Problem with 'simple' RC circuits

[lpau001]

Hey there! First post, been browsing through the forums for a little and I have found problems like this, but I still am getting the wrong answer when I try and do the things suggested.

Circuit is simple, and in series.
Vs = 23 V
R1 = 87 Ohms
C=6.1 microfarads

with a switch, of course.

How long after the switch is closed does the voltage across the resistor drop to 13V?

I tried getting the current going through the resistor at that moment in time by using Ohm's law and inputting 13V = I / 87 Ohms. Getting approx: .14943A going through R1 at time 't'.

Then using the formula

I=Io(1-e^(-t/RC)) Io is assuming current at time '0' right when the switch closes.

Well after calculations I get 't' to be 4.4203E-4 sec which is wrong.

Any help? Thanks in advance.

 

[cepheid]

Welcome to PF!

I don't think your formula for the current is correct. It results in a current that starts at 0 and then increases toward a steady state value of I₀. But if you think about it, the opposite should happen. The current should be non-zero initially as the capacitor is charging, but should then approach zero as the capacitor gets closer to being fully charged.

 

[lpau001]

Thanks Cepheid!

What do you mean the current starts at 0? I believe the starting current is around .26437 A, and that is Io.

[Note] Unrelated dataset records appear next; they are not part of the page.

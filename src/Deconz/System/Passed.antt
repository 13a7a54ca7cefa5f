-- ===== src/Deconz/System/Passed.antt =====
-- What the task of the indications (`ApsIndications` of deconz/src/aps.rs) passes to the
-- application, against what the adapter has reported to the receiving task.
use mathlib.Core.Option.{some-injective}
use tophamm.Base.{
  ap, length, length-append, refl, ℕ, ◌≡◌, ◌+◌, ◌≤◌, arith, Bool, true, false, List, [], ◌∷◌,
  Option, none, some,
}
use tophamm.Outcome.{Build}
use tophamm.Deconz.Types.{DeviceState}
use tophamm.Deconz.Errors.{Result}
use tophamm.Deconz.Wire.External.{Byteorder}
use tophamm.Deconz.Client.{Channel}
use tophamm.Deconz.Aps.Indications
use tophamm.Deconz.Aps.Indications.{Wake, Round, round, listed}
use tophamm.Deconz.System.Broadcasts.{Watch}
use tophamm.Deconz.System.Flow.{
  owed, report_of, reports, waiting, waiting-told, waiting-recv, owed-broadcast_of,
}
use tophamm.Deconz.System.{
  System, Event, on_serial, requests_woken, taken, forwarded, confirms_woken, indications_woken,
  broadcast_of, woken_requests, take_request, end_forwarding, woken_confirms, after_round,
  woken_indications, step, start, Runs, done, more,
}

abbrev pub indicates : DeviceState → Bool
indicates d = d.data_indication

abbrev given : Round → ℕ
given (Indications.go_on o) = length (listed o)
given Indications.break = 0
given Indications.crash = 0

given-round : (w : Wake) → given (round w) ≤ owed indicates (some w.device_state)
unfolding round
given-round w = ground arith

module _ {S W : Type 0} (watch : Watch W) where
  -- What was passed, and what may be passed with no further report.
  abbrev credit : System S W → ℕ
  credit y = length y.passed + waiting watch indicates y.indications_watch

  passed-after_round :
      (r : Round) (w : W) (x : System S W)
      → credit (after_round r w x) ≤ given r + length x.passed + waiting watch indicates w
  passed-after_round (Indications.go_on none) w x = omega (arith, length-append x.passed [])
  passed-after_round (Indications.go_on (some i)) w x =
      omega (arith, length-append x.passed (i ∷ []))
  passed-after_round Indications.break w x = omega arith
  passed-after_round Indications.crash w x = omega arith

  passed-woken_requests :
      (x y : System S W) (forwarding : Option ℕ) (seen : Option (DeviceState × W))
      → woken_requests forwarding seen x ≡ some y
      → credit y ≡ credit x
  passed-woken_requests x y none (some (d, w)) h = ground arith
  passed-woken_requests x y none none h = ground arith
  passed-woken_requests x y (some id) seen h = ground arith

  passed-take_request :
      (id : ℕ) (sender : S) (x y : System S W) (forwarding : Option ℕ) (b : Bool)
      → take_request b forwarding id sender x ≡ some y
      → credit y ≡ credit x
  passed-take_request id sender x y none true h = ground arith
  passed-take_request id sender x y (some j) true h = ground arith
  passed-take_request id sender x y forwarding false h = ground arith

  passed-end_forwarding :
      (id : ℕ) (result : Result (Unit {0})) (x y : System S W) (forwarding : Option ℕ)
      → end_forwarding forwarding id result x ≡ some y
      → credit y ≡ credit x
  passed-end_forwarding id result x y none h = ground arith
  passed-end_forwarding id result x y (some j) h = ground arith

  passed-woken_confirms :
      (q : ℕ) (channel : Channel) (x y : System S W) (seen : Option (DeviceState × W))
      → woken_confirms seen q channel x ≡ some y
      → credit y ≡ credit x
  passed-woken_confirms q channel x y none h = ground arith
  passed-woken_confirms q channel x y (some (d, w)) h = ground arith

  passed-woken_indications :
      (q : ℕ) (channel : Channel) (accepted : Bool) (x y : System S W) (status : Indications.Status)
      (seen : Option (DeviceState × W))
      → watch.recv x.indications_watch ≡ seen
      → woken_indications status seen q channel accepted x ≡ some y
      → credit y ≤ credit x
  passed-woken_indications q channel accepted x y Indications.running (some (d, w)) e h =
      let (s, n) = waiting-recv watch indicates d x.indications_watch w e in
      let v : Wake = record {
        device_state = d;
        sequence_ids = q;
        channel = channel;
        accepted = accepted;
      } in
      omega (
        arith,
        s,
        n,
        given-round v,
        passed-after_round (round v) w x,
        ap credit (some-injective _ _ h),
      )
  passed-woken_indications q channel accepted x y Indications.running none e h = ground arith
  passed-woken_indications q channel accepted x y Indications.finished seen e h = ground arith
  passed-woken_indications q channel accepted x y Indications.crashed seen e h = ground arith

module _ ⦃bo : Byteorder⦄ {S W : Type 0} (build : Build) (watch : Watch W) where
  passed-step :
      (e : Event S) (x y : System S W)
      → step build watch e x ≡ some y
      → credit watch y ≤ report_of build indicates e + credit watch x
  unfolding step
  passed-step (on_serial e) x y h = ground (
    arith,
    owed-broadcast_of build indicates e x.serial,
    waiting-told watch indicates (broadcast_of build e x.serial) x.indications_watch,
  )
  passed-step requests_woken x y h =
      omega (arith, passed-woken_requests watch x y x.forwarding (watch.recv x.requests_watch) h)
  passed-step (taken id sender) x y h =
      omega (arith, passed-take_request watch id sender x y x.forwarding x.request_free_slots h)
  passed-step (forwarded id result) x y h =
      omega (arith, passed-end_forwarding watch id result x y x.forwarding h)
  passed-step (confirms_woken q channel) x y h =
      omega (arith, passed-woken_confirms watch q channel x y (watch.recv x.confirms_watch) h)
  passed-step (indications_woken q channel accepted) x y h = omega (
    arith,
    passed-woken_indications watch q channel accepted x y x.indications
        (watch.recv x.indications_watch) refl h,
  )

  passed-Runs :
      {x y : System S W} {es : List (Event S)}
      → Runs build watch x es y
      → credit watch y ≤ reports build indicates es + credit watch x
  passed-Runs (done x) = omega arith
  passed-Runs (more {x} {y} {e} s r) = omega (arith, passed-step e x y s, passed-Runs r)

  -- However the steps of the five tasks are interleaved from their start, the application is
  -- passed at most as many indications as frames arrived whose decoding reports a device state
  -- with an indication.
  pub passed-le-reports :
      {y : System S W} {es : List (Event S)}
      → Runs build watch (start watch) es y
      → length y.passed ≤ reports build indicates es
  unfolding start
  passed-le-reports r = omega (arith, passed-Runs r, ap (owed indicates) watch.unseen-start)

Is the formula wrong? That is what I was given in class..

Did I misunderstand?

I tried doing the opposite, but unfortunate as it may be I cannot take the natural log of a negative number...

edited for politeness!

 

[gneill]

Welcome to Physics Forums.

The nice thing about these circuits with time constants is that everything follows exponential functions with the same time constant. In this case the current is going to start at a maximum value and decay down to zero (when the switch is first closed the capacitor is uncharged and looks like a short circuit, so the current is maximum). It'll have a function like

I(t) = Io e^-t/τ

where τ = RC

The voltage on the resistor will follow a similar curve, starting at 23V and heading towards zero over time, so it'll look like:

VR(t) = 23V e^-t/τ

 

[lpau001]

Thank you Gneil!
That worked!
Now I need an explanation.. haha!
Why did the formula change from

VR(t)=V[1-e^(-t/RC)]

to

VR(t)=V[e^(-t/RC)] ?

I have the first equation in my notes, but apparently that's wrong! Can you show me the derivation? or maybe just hint at it so I could figure it out on my own?
Thanks again, I appreciate the timely reply of you and Cepheid.

 

[lpau001]

Wait I just saw that the equation gneil gave is for discharging capacitors.
Why is that the case in this problem? I thought the problem was a charging problem..

 

[cepheid]

lpau001: Re-read my post. I was not saying that the current should start at 0. I was saying that if you use the equation that YOU wrote down, the current would start at 0 and increase up to a steady state value, and that's how I could tell your equation was wrong.

In any case, gneill gave you the answer, and to answer you latest question: there is no inconsistency here. The voltage of the capacitor as a function of time is given by:

[tex] V_C(t) = V_0(1 - e^{-t/RC}) [/tex]

Where V₀ is the source voltage. The current through the circuit is equal to the voltage across the resistor, divided by its resistance. Assuming that the resistor has one end connected to a battery terminal, and the other end connected to a capacitor terminal, then the voltage across the resistor is given by:

[tex] V_R(t) = V_0 - V_C(t) [/tex]

[tex] = V_0 - V_0(1 - e^{-t/RC}) [/tex]

[tex] = V_0[1 -(1 - e^{-t/RC})] [/tex]

[tex] = V_0[1 - 1 + e^{-t/RC}] [/tex]

[tex]= V_0e^{-t/RC}[/tex]

The current is then:

[tex] I(t) = \frac{V_R(t)}{R} = \frac{V_0}{R}e^{-t/RC} = I_0e^{-t/RC} [/tex]

 

[lpau001]

Cepheid: Thank you, I understand that very well now. I appologize if I came off blunt in my reply to you.
Thanks for your help in showing me the derivation steps.

 

[gneill]

The basic thing to remember is that quantities in these charging/discharging type circuits are all going to follow exponential curves, either starting at some beginning value and rising to a maximum value, or starting at some maximum value and decaying to some lower one. Quite often the minimums and maximums are set by zero and the supply voltage (or current). The trick is to determine what the minimum and maximums are or will be for the parameter you're interested in.

In a series circuit, if the voltage across one component is starting at zero and rising to a maximum, you can be sure that the other component will be having the opposite happen. So you choose the appropriate form of the exponential function that fits.